## AIM OF THE EXERCISE
Given the records below, pull every line with the word "connections" into the answer.

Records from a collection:
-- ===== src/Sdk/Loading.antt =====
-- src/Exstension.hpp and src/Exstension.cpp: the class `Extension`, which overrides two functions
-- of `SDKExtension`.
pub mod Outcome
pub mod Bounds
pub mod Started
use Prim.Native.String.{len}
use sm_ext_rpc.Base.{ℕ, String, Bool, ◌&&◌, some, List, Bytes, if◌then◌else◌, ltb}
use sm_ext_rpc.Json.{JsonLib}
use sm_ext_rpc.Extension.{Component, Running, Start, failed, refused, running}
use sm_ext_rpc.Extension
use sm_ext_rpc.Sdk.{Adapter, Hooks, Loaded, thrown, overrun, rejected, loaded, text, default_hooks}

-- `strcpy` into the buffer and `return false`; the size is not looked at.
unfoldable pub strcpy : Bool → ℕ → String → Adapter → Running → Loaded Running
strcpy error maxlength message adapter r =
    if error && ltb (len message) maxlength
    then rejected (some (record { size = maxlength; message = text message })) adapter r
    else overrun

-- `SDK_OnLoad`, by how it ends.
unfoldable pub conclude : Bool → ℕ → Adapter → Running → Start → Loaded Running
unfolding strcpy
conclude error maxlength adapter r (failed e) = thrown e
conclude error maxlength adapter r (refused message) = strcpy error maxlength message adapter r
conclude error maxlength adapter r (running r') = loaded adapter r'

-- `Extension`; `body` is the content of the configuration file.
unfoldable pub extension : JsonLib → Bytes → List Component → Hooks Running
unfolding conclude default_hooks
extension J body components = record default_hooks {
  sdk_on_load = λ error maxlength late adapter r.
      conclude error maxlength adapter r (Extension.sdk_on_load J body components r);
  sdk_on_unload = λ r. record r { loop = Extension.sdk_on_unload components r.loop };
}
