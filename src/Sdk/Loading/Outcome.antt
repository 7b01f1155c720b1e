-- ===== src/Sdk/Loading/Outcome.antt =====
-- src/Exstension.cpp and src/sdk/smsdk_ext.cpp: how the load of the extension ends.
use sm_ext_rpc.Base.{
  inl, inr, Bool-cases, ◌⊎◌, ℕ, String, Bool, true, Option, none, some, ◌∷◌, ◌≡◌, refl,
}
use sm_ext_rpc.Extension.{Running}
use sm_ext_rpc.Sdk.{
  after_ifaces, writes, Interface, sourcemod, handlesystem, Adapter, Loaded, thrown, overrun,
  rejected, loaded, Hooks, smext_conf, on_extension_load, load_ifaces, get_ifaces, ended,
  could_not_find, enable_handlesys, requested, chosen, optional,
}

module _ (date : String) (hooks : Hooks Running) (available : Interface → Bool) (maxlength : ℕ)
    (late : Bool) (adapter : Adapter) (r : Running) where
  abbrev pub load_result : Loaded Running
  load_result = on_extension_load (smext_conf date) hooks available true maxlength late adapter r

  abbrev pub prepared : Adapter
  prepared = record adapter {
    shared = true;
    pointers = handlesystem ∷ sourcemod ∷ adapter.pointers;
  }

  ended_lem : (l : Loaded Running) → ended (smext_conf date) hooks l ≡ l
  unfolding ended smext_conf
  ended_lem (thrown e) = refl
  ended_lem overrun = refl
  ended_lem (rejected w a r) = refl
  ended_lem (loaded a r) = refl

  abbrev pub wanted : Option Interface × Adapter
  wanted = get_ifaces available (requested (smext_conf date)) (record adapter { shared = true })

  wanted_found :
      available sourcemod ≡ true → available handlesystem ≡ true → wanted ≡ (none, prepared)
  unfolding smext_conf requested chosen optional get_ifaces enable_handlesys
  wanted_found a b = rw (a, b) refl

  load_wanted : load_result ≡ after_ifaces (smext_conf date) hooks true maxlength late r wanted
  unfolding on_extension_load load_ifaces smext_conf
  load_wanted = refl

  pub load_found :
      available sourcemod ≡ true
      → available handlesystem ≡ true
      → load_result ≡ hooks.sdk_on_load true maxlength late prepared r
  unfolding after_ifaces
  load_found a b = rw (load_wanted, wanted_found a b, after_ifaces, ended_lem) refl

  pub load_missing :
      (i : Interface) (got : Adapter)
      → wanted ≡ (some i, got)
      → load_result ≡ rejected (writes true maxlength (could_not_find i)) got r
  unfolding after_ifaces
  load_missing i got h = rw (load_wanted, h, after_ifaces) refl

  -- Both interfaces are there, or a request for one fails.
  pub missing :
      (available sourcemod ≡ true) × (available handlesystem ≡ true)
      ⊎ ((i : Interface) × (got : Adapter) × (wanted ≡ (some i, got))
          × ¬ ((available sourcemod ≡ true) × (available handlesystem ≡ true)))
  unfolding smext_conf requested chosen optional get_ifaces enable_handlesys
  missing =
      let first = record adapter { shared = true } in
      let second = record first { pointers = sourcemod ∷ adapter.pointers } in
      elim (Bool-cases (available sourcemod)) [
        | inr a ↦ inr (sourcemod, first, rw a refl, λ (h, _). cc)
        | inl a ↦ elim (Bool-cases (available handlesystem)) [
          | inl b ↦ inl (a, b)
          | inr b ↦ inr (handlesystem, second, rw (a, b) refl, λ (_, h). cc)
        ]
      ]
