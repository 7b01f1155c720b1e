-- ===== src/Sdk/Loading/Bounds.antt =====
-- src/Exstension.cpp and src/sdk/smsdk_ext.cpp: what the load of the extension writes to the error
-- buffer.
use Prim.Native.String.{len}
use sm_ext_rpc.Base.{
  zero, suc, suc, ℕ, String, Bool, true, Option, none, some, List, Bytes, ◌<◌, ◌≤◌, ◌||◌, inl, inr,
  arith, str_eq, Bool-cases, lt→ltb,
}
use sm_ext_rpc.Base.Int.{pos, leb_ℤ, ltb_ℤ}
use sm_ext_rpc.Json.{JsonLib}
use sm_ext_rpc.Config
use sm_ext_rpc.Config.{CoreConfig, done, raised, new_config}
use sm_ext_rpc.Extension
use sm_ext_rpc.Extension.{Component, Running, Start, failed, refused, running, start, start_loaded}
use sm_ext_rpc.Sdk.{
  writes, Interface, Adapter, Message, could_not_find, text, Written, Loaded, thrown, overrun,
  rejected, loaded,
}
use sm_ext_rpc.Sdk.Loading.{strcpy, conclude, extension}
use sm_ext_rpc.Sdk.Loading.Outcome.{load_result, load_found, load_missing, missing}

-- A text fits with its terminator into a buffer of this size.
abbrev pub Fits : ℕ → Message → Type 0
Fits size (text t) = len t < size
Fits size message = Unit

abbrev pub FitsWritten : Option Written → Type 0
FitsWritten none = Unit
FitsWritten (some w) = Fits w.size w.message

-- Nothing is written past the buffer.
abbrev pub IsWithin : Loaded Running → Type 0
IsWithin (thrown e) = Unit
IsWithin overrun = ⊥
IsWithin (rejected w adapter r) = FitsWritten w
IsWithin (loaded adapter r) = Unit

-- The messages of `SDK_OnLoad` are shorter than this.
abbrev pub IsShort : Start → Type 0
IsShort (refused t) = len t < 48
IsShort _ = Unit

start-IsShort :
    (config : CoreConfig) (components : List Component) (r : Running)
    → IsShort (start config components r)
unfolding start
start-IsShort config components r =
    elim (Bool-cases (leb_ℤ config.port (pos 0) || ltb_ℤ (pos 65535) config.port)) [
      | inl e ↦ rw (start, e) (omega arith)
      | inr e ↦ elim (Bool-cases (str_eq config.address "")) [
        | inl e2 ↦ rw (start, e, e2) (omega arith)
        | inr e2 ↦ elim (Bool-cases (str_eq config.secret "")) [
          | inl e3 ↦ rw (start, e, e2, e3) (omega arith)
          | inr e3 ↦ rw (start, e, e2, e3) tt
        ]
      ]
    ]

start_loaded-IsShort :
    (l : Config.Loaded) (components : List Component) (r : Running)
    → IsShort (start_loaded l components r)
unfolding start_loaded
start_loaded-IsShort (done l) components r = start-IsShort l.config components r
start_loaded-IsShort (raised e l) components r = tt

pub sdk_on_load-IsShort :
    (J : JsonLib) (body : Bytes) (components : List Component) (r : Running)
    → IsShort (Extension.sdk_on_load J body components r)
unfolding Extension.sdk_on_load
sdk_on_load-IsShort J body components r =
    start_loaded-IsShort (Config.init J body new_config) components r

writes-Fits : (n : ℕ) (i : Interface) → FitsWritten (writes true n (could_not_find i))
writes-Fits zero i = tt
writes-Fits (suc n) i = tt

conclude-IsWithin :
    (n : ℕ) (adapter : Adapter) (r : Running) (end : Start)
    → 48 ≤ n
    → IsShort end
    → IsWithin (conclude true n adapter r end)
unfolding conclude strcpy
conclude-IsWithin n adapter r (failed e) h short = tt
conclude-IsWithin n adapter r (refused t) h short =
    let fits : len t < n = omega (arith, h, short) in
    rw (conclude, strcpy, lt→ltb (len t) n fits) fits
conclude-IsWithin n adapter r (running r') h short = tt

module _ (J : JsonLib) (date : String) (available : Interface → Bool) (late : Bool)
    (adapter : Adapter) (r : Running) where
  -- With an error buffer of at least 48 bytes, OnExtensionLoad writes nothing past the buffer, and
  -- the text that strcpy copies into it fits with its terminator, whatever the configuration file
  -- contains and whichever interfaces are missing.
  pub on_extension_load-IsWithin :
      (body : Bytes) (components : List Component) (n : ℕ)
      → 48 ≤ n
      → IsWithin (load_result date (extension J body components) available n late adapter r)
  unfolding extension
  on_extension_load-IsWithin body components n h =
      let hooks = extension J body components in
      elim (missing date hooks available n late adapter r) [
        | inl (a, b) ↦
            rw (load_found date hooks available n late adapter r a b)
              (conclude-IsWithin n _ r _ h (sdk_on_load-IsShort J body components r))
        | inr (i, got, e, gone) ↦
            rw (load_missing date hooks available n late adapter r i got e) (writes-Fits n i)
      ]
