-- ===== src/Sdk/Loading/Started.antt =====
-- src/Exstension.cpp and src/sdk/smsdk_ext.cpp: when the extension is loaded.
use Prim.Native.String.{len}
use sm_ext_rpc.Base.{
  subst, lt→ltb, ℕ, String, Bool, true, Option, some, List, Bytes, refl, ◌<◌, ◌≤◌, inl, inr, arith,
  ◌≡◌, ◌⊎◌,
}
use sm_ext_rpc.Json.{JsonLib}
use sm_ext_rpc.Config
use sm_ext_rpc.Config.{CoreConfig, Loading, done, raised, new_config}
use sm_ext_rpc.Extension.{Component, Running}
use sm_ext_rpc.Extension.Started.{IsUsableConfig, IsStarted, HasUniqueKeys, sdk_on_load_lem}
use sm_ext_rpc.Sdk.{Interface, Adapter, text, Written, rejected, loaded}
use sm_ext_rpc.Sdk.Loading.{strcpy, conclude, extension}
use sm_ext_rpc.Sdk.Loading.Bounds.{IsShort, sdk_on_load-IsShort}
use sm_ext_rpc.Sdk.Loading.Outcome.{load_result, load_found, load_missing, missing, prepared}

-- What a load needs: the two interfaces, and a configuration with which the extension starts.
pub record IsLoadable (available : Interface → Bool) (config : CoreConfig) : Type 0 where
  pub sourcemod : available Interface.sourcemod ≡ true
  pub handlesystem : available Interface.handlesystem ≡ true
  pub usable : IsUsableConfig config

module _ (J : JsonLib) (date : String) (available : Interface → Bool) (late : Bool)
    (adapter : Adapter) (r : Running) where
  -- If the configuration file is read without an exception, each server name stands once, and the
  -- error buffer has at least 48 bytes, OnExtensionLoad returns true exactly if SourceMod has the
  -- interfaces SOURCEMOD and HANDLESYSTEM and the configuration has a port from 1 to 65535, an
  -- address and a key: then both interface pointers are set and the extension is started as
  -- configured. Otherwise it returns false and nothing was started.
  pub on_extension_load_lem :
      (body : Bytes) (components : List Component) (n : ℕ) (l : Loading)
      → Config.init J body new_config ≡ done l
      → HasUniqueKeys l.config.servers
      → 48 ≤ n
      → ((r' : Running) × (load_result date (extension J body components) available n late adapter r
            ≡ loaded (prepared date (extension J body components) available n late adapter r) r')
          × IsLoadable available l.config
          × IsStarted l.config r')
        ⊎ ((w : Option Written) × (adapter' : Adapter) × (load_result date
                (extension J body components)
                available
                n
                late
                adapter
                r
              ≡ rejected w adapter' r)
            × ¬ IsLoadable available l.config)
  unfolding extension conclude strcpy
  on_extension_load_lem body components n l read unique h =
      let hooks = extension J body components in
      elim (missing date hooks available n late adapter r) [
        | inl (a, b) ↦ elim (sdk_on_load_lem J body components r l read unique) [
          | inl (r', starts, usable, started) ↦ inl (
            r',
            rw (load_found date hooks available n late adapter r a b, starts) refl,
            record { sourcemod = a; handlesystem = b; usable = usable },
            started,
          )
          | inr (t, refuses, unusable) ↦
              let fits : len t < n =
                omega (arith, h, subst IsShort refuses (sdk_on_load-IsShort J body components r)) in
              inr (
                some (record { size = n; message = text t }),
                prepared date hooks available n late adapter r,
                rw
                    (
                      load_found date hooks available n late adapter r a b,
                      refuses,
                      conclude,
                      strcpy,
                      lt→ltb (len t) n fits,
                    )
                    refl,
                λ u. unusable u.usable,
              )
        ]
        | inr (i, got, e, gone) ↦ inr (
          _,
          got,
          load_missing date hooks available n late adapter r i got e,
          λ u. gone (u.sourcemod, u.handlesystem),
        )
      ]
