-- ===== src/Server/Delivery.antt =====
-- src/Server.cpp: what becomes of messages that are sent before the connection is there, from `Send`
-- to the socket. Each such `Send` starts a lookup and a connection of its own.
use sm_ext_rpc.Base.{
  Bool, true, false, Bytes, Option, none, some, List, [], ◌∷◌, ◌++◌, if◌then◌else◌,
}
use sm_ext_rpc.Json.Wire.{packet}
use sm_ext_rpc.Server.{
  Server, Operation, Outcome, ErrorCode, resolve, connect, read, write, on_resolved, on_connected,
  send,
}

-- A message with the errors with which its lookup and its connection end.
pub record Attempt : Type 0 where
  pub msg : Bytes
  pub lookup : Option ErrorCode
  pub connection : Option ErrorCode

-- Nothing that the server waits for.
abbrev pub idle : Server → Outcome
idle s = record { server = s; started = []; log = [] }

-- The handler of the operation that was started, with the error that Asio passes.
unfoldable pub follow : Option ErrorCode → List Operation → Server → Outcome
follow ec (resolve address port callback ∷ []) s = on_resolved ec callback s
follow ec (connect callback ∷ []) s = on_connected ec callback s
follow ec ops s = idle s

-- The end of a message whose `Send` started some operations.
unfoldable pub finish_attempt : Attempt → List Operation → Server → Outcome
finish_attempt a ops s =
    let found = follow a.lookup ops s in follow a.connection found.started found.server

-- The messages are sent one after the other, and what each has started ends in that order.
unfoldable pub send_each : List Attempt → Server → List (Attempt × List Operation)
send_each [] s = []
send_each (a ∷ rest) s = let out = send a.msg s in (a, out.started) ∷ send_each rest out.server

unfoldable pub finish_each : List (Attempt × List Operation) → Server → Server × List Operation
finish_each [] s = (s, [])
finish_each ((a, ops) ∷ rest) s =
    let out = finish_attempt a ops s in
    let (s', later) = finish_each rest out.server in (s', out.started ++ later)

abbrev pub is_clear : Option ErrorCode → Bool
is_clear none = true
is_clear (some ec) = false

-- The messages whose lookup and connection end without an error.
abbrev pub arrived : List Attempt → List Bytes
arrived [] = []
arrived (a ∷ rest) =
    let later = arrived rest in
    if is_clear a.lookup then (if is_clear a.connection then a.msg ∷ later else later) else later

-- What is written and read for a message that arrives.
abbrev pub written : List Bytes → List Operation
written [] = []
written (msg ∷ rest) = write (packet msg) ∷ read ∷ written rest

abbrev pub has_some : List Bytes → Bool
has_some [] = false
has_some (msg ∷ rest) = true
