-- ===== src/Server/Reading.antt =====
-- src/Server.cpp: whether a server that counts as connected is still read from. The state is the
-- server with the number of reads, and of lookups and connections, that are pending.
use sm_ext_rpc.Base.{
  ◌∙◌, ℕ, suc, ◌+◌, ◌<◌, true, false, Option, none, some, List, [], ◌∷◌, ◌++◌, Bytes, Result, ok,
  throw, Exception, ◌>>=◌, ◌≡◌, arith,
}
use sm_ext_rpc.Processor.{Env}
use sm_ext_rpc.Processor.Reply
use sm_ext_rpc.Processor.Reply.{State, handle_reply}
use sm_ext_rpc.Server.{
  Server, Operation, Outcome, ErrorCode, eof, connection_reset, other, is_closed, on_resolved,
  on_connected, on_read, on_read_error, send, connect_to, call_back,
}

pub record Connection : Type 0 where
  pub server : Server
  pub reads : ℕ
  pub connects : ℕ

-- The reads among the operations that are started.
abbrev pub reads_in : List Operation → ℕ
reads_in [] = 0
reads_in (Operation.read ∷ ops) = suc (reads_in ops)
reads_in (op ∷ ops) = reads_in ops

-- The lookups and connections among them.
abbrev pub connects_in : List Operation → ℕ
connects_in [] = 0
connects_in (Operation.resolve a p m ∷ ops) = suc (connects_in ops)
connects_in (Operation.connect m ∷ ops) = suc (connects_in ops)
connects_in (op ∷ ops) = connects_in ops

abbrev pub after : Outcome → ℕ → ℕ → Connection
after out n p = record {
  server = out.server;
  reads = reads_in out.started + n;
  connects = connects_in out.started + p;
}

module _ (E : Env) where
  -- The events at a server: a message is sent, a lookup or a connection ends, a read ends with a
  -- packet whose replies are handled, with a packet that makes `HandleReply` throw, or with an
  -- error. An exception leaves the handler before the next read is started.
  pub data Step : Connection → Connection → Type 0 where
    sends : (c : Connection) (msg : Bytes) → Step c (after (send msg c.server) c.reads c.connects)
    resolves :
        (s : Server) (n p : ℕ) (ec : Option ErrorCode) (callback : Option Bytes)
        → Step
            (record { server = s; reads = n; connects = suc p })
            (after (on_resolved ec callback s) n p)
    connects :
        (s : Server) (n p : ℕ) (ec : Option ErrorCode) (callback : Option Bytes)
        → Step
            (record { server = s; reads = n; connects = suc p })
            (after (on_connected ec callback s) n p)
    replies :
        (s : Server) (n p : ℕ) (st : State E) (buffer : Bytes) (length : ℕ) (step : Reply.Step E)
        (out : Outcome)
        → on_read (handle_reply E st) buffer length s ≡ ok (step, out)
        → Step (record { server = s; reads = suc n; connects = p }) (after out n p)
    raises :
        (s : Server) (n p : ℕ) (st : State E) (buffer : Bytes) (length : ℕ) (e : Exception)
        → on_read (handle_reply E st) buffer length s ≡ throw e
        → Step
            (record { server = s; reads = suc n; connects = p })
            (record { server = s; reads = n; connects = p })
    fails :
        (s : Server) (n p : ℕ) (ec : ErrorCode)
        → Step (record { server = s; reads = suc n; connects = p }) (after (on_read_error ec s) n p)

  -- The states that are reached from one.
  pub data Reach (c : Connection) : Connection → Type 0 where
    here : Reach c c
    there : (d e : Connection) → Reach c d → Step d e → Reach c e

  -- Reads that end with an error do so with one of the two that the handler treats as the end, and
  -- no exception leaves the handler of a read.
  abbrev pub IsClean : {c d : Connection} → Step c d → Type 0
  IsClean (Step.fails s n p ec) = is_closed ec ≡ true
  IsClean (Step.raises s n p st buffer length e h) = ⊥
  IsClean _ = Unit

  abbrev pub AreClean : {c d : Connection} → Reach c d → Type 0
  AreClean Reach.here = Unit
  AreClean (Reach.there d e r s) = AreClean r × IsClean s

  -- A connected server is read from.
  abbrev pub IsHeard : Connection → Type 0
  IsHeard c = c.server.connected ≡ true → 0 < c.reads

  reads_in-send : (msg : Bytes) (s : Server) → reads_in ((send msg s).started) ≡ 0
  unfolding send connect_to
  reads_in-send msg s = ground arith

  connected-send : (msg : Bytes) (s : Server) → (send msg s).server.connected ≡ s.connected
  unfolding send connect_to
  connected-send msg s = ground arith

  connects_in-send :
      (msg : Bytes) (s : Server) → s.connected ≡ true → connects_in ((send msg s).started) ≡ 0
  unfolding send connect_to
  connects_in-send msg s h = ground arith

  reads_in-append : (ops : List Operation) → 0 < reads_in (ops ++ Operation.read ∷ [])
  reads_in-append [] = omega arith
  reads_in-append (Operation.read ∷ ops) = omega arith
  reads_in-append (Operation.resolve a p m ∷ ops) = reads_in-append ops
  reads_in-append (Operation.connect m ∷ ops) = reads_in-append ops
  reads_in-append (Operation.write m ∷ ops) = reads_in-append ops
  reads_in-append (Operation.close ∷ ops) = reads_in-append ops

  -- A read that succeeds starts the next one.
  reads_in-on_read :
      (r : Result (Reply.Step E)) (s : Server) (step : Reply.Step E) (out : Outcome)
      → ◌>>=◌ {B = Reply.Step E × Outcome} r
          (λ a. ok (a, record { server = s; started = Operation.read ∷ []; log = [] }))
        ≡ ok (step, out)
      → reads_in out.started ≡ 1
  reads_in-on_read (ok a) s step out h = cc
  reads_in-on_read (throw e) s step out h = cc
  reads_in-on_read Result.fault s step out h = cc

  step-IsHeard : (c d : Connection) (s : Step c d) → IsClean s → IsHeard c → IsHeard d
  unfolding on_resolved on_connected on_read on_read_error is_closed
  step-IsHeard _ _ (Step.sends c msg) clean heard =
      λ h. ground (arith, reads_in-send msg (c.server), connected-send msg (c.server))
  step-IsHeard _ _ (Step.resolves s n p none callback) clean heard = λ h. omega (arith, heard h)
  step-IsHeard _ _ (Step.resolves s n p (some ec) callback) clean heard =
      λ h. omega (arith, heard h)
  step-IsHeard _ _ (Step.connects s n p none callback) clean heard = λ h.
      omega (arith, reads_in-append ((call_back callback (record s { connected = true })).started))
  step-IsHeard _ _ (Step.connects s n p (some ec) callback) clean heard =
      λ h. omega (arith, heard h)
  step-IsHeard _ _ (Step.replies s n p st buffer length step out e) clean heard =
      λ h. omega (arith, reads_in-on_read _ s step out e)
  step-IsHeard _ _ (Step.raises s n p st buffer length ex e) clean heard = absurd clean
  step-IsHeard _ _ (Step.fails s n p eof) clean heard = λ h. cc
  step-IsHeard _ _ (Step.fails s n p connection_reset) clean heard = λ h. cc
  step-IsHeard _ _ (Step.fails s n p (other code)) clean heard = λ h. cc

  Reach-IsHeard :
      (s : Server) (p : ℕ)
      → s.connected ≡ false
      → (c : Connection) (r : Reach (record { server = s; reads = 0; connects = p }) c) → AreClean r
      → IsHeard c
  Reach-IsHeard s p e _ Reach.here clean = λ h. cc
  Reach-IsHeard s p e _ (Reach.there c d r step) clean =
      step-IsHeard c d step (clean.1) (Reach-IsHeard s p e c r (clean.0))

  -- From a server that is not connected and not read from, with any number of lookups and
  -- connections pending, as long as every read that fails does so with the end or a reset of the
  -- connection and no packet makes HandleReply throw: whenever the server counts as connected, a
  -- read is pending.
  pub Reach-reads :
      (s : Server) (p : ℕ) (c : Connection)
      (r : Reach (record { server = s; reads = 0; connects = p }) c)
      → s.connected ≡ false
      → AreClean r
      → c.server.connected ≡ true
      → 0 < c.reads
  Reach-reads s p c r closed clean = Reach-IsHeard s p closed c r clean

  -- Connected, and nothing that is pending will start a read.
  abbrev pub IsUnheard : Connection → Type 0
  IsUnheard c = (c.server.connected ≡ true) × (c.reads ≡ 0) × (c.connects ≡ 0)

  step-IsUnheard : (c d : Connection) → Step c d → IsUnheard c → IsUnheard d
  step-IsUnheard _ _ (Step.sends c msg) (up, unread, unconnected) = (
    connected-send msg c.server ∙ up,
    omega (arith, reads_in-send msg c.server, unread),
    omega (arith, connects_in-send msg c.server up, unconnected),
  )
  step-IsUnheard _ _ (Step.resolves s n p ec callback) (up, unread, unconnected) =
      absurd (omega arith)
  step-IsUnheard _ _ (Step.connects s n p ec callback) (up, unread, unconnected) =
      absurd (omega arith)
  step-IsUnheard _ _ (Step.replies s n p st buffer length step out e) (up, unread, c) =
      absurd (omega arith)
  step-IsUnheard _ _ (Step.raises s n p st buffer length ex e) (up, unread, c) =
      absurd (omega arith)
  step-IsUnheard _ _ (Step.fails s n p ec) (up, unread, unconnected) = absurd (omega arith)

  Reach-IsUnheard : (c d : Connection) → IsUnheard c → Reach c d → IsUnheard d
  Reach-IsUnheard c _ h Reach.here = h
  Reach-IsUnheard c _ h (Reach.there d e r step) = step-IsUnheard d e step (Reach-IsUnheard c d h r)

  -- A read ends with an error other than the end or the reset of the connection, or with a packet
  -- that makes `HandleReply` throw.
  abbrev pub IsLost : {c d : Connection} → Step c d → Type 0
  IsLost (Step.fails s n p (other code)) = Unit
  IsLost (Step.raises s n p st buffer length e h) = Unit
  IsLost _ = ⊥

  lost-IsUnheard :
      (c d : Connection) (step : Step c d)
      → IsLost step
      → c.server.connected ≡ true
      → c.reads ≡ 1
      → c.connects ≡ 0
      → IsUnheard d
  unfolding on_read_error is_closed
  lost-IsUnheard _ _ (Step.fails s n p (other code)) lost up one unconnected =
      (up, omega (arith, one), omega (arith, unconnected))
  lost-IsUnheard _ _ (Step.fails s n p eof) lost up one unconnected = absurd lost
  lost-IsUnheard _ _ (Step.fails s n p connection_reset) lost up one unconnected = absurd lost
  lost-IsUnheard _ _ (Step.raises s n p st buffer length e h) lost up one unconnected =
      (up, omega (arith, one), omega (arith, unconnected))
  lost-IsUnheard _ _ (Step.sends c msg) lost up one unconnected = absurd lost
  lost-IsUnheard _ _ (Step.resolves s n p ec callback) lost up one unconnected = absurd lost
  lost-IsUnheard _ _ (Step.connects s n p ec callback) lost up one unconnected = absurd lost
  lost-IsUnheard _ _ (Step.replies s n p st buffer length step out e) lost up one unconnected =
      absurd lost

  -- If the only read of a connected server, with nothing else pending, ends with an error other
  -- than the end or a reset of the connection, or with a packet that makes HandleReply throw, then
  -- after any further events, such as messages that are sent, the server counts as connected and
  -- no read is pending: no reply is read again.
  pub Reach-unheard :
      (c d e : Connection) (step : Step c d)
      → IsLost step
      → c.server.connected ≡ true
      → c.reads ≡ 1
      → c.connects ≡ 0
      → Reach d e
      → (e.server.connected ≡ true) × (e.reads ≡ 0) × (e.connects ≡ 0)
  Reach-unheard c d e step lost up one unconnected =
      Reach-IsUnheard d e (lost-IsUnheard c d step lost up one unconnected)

## TASK RESULT
-- server with the number of reads, and of lookups and connections, that are pending.
-- The lookups and connections among them.
  -- connections pending, as long as every read that fails does so with the end or a reset of the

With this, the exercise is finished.